• **Problem details**
Find all the lines in the entries below that hold the word "unfolding" and copy them.

= = =

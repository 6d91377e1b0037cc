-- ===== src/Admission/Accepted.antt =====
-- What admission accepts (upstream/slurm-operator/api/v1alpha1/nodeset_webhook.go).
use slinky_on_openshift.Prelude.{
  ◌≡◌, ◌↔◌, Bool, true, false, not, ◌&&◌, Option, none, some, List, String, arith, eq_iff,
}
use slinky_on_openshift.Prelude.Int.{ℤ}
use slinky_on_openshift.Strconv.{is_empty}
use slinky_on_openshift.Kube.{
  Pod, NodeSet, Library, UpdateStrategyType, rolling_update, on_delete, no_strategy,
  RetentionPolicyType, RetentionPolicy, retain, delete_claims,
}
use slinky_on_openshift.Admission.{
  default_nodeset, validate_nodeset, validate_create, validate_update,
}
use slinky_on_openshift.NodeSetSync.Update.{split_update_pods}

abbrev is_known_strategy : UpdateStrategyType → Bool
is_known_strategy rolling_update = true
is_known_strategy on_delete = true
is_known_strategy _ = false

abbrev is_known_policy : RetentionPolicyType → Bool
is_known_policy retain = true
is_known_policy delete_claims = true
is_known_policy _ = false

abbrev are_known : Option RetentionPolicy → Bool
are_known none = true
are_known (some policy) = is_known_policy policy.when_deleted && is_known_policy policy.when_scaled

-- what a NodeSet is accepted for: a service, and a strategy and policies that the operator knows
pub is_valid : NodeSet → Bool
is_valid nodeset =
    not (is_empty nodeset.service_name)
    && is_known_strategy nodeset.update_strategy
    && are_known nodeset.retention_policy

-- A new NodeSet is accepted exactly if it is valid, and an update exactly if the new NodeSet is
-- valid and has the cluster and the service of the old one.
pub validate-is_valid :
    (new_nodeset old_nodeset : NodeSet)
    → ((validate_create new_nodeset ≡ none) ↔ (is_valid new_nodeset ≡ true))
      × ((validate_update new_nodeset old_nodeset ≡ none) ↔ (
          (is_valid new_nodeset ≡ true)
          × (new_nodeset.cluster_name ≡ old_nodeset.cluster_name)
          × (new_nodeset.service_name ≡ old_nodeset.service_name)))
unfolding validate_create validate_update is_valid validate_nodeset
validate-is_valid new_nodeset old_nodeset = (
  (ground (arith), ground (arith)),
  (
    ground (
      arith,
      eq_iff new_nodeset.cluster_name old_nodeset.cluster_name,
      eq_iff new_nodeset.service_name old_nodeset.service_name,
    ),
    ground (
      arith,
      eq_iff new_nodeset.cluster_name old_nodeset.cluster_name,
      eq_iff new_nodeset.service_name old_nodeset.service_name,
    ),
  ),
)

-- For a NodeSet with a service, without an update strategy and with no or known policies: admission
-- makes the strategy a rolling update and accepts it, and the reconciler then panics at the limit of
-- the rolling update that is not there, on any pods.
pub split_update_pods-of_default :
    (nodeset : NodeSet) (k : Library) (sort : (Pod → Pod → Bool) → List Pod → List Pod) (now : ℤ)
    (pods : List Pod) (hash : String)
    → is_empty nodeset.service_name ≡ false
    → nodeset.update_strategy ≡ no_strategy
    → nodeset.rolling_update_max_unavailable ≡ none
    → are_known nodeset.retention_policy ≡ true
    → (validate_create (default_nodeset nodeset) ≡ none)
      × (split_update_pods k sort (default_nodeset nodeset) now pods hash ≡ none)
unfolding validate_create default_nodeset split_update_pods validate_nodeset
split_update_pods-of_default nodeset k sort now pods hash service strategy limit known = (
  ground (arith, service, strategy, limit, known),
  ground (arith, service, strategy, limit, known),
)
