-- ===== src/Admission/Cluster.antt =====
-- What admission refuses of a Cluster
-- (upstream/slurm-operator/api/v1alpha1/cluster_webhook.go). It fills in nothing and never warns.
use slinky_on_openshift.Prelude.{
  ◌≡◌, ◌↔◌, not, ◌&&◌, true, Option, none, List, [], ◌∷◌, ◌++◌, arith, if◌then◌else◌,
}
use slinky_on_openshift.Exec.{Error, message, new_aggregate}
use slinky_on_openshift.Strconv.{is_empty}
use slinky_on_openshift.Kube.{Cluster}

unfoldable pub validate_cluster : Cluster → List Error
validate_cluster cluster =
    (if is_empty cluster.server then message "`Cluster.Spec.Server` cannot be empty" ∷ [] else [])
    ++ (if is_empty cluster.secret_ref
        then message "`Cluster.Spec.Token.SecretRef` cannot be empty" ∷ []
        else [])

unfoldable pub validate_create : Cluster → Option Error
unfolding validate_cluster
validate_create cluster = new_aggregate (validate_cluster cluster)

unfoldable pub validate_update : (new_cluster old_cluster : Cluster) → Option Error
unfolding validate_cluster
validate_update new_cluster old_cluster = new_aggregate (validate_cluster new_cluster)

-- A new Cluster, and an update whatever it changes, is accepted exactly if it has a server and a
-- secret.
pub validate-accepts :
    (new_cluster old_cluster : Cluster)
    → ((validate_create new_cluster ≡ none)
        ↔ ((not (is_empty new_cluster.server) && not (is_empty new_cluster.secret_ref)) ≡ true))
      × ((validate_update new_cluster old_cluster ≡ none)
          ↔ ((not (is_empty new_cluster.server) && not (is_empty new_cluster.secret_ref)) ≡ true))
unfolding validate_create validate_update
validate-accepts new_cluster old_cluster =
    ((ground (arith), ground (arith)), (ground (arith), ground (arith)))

= = =

• **Result**
unfolding validate_create validate_update is_valid validate_nodeset
unfolding validate_create default_nodeset split_update_pods validate_nodeset
unfolding validate_cluster
unfolding validate_cluster
unfolding validate_create validate_update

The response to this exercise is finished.